> Problem requirements: Find every line in the records below that holds the word "false", and copy it out.
:: The data ::
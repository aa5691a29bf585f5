-- ===== src/Docker/Files.antt =====
-- exec, write_file and read_file of DockerSandbox (henry/sandbox/docker.py) with
-- `_extract_single_regular_file` and `_validate_archive_member`. What Docker and tarfile answer is an
-- argument.
pub mod Bounds
use henry.Prelude.{
  ℕ, zero, suc, ◌+◌, ◌*◌, Bool, true, false, not, ◌&&◌, ◌||◌, ◌==◌, Option, none, some, List, [],
  ◌∷◌, ◌++◌, length, take, ltb, keep_if, if◌then◌else◌,
}
use henry.Prelude.Int.{ℤ, pos}
use henry.Text.{Text, codes, ◌===◌, starts_with, decimal}
use henry.PosixPath.{normpath}
use henry.Result.{Result, ok, err, Error, archive_error, path_error, ◌>>=◌, ◌>>◌, raise_if}
use henry.SandboxTypes.{ExecRequest, ExecResult}
use henry.Docker.SafePath.{safe_path}
use henry.Docker.Sessions.{
  Sandbox, Session, Removal, exec_in, copy_in, copy_out, get_session, remove_session,
}
use henry.Docker.Cells.{Codec, DockerOutput, split_exec_output, decode_and_cap}

-- `file_limit_bytes`, as it is by default
abbrev pub file_limit_bytes : ℕ
file_limit_bytes = 4 * 1024 * 1024

-- How the wait for a command ends: out of time, with an exception, or with an exit code.
pub data CommandEnd : Type 0 where
  overdue : CommandEnd
  raised : Error → CommandEnd
  exited : ℤ → DockerOutput → CommandEnd

-- `req.cwd or state.policy.workdir`
cwd_of : Option Text → Text → Text
cwd_of none workdir = workdir
cwd_of (some []) workdir = workdir
cwd_of (some (c ∷ cwd)) workdir = c ∷ cwd

timeout_of : Option ℕ → ℕ → ℕ
timeout_of none default = default
timeout_of (some n) default = n

exec_result : Codec → ℤ → DockerOutput → ExecResult
exec_result codec exit_code output =
    let (out, err_bytes) = split_exec_output output in
    let (stdout, stdout_truncated) = decode_and_cap codec out in
    let (stderr, stderr_truncated) = decode_and_cap codec err_bytes in
    record {
      exit_code = exit_code;
      stdout = stdout;
      stderr = stderr;
      timed_out = false;
      truncated = stdout_truncated || stderr_truncated;
    }

overdue_result : ℕ → ExecResult
overdue_result timeout_s = record {
  exit_code = pos 124;
  stdout = [];
  stderr = codes "command timed out after " ++ (decimal timeout_s ++ codes "s");
  timed_out = true;
  truncated = false;
}

-- A command that is overdue takes its session with it.
after_command : Codec → Sandbox → Text → ℕ → CommandEnd → Removal → Sandbox × Result ExecResult
unfolding exec_result overdue_result
after_command codec w session timeout_s overdue r =
    let (w', done) = remove_session w session r in (w', done >>= λ u. ok (overdue_result timeout_s))
after_command codec w session timeout_s (raised e) r = (w, err e)
after_command codec w session timeout_s (exited exit_code output) r =
    (w, ok (exec_result codec exit_code output))

exec_found :
    Codec
    → Sandbox
    → Text
    → ExecRequest
    → CommandEnd
    → Removal
    → ℕ
    → Session
    → Result Text
    → Sandbox × Result ExecResult
unfolding after_command timeout_of
exec_found codec w session req ended r a s (err e) = (w, err e)
exec_found codec w session req ended r a s (ok cwd) =
    after_command codec (record w { calls = exec_in a ∷ w.calls }) session
      (timeout_of req.timeout_s s.policy.default_timeout_s) ended r

with_session :
    {A : Type 0}
    → Sandbox
    → Result (ℕ × Session)
    → (ℕ → Session → Sandbox × Result A)
    → Sandbox × Result A
with_session w (err e) k = (w, err e)
with_session w (ok (a, s)) k = k a s

unfoldable pub exec :
    Codec → Sandbox → Text → ExecRequest → CommandEnd → Removal → Sandbox × Result ExecResult
unfolding exec_found with_session cwd_of
exec codec w session req ended r = with_session w (get_session w session) (λ a s.
    exec_found codec w session req ended r a s
      (safe_path s.policy.workdir (cwd_of req.cwd s.policy.workdir)))

-- `posixpath.basename`
pub basename : Text → Text
basename [] = []
basename (c ∷ t) =
    let rest = basename t in if c == 47 then rest else if rest === t then c ∷ rest else rest

-- The text up to the last slash, with it
head_of : Text → Text
head_of [] = []
head_of (c ∷ t) =
    let rest = head_of t in if rest === [] then (if c == 47 then c ∷ [] else []) else c ∷ rest

strip_slashes : Text → Text
strip_slashes [] = []
strip_slashes (c ∷ t) =
    let rest = strip_slashes t in if rest === [] && c == 47 then [] else c ∷ rest

-- `posixpath.dirname`: the slashes at the end go, unless there is nothing else.
pub dirname : Text → Text
unfolding head_of strip_slashes
dirname p = if strip_slashes (head_of p) === [] then head_of p else strip_slashes (head_of p)

-- The answers to `mkdir` and to `put_archive`.
written : Sandbox → ℕ → Text → Result ℤ → Result Bool → Sandbox × Result (Unit {0})
unfolding dirname
written w a container_path (err e) put = (record w { calls = exec_in a ∷ w.calls }, err e)
written w a container_path (ok (pos zero)) put = (
  record w { calls = copy_in a ∷ exec_in a ∷ w.calls },
  put >>= λ fine.
      raise_if (not fine)
        (archive_error (codes "failed to write sandbox file: " ++ container_path)),
)
written w a container_path (ok code) put = (
  record w { calls = exec_in a ∷ w.calls },
  err (archive_error (codes "failed to create sandbox directory: " ++ dirname container_path)),
)

write_found : Sandbox → ℕ → Result ℤ → Result Bool → Result Text → Sandbox × Result (Unit {0})
unfolding basename written
write_found w a mkdir put (err e) = (w, err e)
write_found w a mkdir put (ok container_path) =
    if basename container_path === []
    then (w, err (path_error (codes "path must name a file")))
    else written w a container_path mkdir put

pub over_limit : Text → Text → Error
over_limit what kind = archive_error (
    what
    ++ (codes " exceeds "
        ++ (decimal file_limit_bytes ++ (codes " byte sandbox " ++ (kind ++ codes " limit")))))

unfoldable pub write_file :
    Sandbox → Text → Text → List ℕ → Result ℤ → Result Bool → Sandbox × Result (Unit {0})
unfolding write_found with_session over_limit
write_file w session path content mkdir put =
    if ltb file_limit_bytes (length content)
    then (w, err (over_limit (codes "file") (codes "write")))
    else with_session w (get_session w session)
        (λ a s. write_found w a mkdir put (safe_path s.policy.workdir path))

-- A member of an archive; `bytes` is what `extractfile` gives, if it gives a file.
pub record Member : Type 0 where
  pub name : Text
  pub is_file : Bool
  pub is_link : Bool
  pub size : ℕ
  pub bytes : Option (List ℕ)

unfoldable pub is_unsafe : Text → Bool
is_unsafe name =
    starts_with (codes "/") name
    || (normpath name === codes ".." || starts_with (codes "../") (normpath name))

validate_archive_member : Member → Result (Unit {0})
validate_archive_member m = do
  raise_if (is_unsafe m.name) (archive_error (codes "unsafe archive member path: " ++ m.name))
  raise_if m.is_link (archive_error (codes "archive member may not be a link: " ++ m.name))

-- `extracted.read(limit + 1)` and the check behind it
read_bytes : Option (List ℕ) → Result (List ℕ)
read_bytes none = err (archive_error (codes "sandbox file could not be extracted"))
read_bytes (some bytes) = do
  raise_if (ltb file_limit_bytes (length (take (file_limit_bytes + 1) bytes)))
      (over_limit (codes "file") (codes "read"))
  ok (take (file_limit_bytes + 1) bytes)

single_member : Member → Result (List ℕ)
unfolding validate_archive_member read_bytes
single_member m = do
  raise_if (not m.is_file)
      (archive_error (codes "sandbox archive must contain exactly one regular file"))
  validate_archive_member m
  raise_if (ltb file_limit_bytes m.size) (over_limit (codes "file") (codes "read"))
  read_bytes m.bytes

extract_single_regular_file : List Member → Result (List ℕ)
unfolding single_member
extract_single_regular_file (m ∷ []) = single_member m
extract_single_regular_file members =
    err (archive_error (codes "sandbox archive must contain exactly one regular file"))

-- `for chunk in chunks`
read_archive : List ℕ → List (List ℕ) → Result (List ℕ)
read_archive got [] = ok got
read_archive got (chunk ∷ chunks) = do
  raise_if (ltb file_limit_bytes (length (got ++ chunk)))
      (over_limit (codes "archive") (codes "read"))
  read_archive (got ++ chunk) chunks

read_found :
    (List ℕ → Result (List Member))
    → Sandbox
    → ℕ
    → Result (List (List ℕ))
    → Result Text
    → Sandbox × Result (List ℕ)
unfolding read_archive extract_single_regular_file
read_found open_tar w a archive (err e) = (w, err e)
read_found open_tar w a archive (ok container_path) = (
  record w { calls = copy_out a ∷ w.calls },
  archive >>= (λ chunks.
      read_archive [] chunks >>= (λ bytes. open_tar bytes >>= extract_single_regular_file)),
)

unfoldable pub read_file :
    (List ℕ → Result (List Member))
    → Sandbox
    → Text
    → Text
    → Result (List (List ℕ))
    → Sandbox × Result (List ℕ)
unfolding read_found with_session over_limit
read_file open_tar w session path archive =
    with_session w (get_session w session)
      (λ a s. read_found open_tar w a archive (safe_path s.policy.workdir path))
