-- ===== src/Docker/Files/Bounds.antt =====
-- What a file that is read from a sandbox is, and when something is written to one.
use henry.Prelude.{ℕ, ◌≤◌, ◌≡◌, ◌≢◌, true, false, some, List, [], ◌∷◌, length}
use henry.Text.{Text}
use henry.Result.{Result, ok}
use henry.Docker.SafePath.{safe_path}
use henry.Docker.Sessions.{Sandbox, Session, exec_in, copy_in, get_session}
use henry.Docker.Files.{Member, file_limit_bytes, is_unsafe, basename}

-- The bytes are those of a regular file of the archive that is no link and has a safe name.
pub record IsRead (bytes : List ℕ) : Type 0 where
  pub member : Member
  pub regular : member.is_file ≡ true
  pub no_link : member.is_link ≡ false
  pub safe_name : is_unsafe member.name ≡ false
  pub all_bytes : member.bytes ≡ some bytes
  pub small : length bytes ≤ file_limit_bytes

-- What stands behind a write that succeeded.
pub record IsWritten (w : Sandbox) (session path : Text) (content : List ℕ) (w' : Sandbox)
    : Type 0 where
  pub object : ℕ
  pub state : Session
  pub target : Text
  pub small : length content ≤ file_limit_bytes
  pub live : get_session w session ≡ ok (object, state)
  pub safe : safe_path state.policy.workdir path ≡ ok target
  pub named : basename target ≢ []
  pub calls : w'.calls ≡ copy_in object ∷ exec_in object ∷ w.calls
:::
> Written response:
  ℕ, zero, suc, ◌+◌, ◌*◌, Bool, true, false, not, ◌&&◌, ◌||◌, ◌==◌, Option, none, some, List, [],
      timed_out = false;
  truncated = false;
use henry.Prelude.{ℕ, ◌≤◌, ◌≡◌, ◌≢◌, true, false, some, List, [], ◌∷◌, length}
  pub no_link : member.is_link ≡ false
  pub safe_name : is_unsafe member.name ≡ false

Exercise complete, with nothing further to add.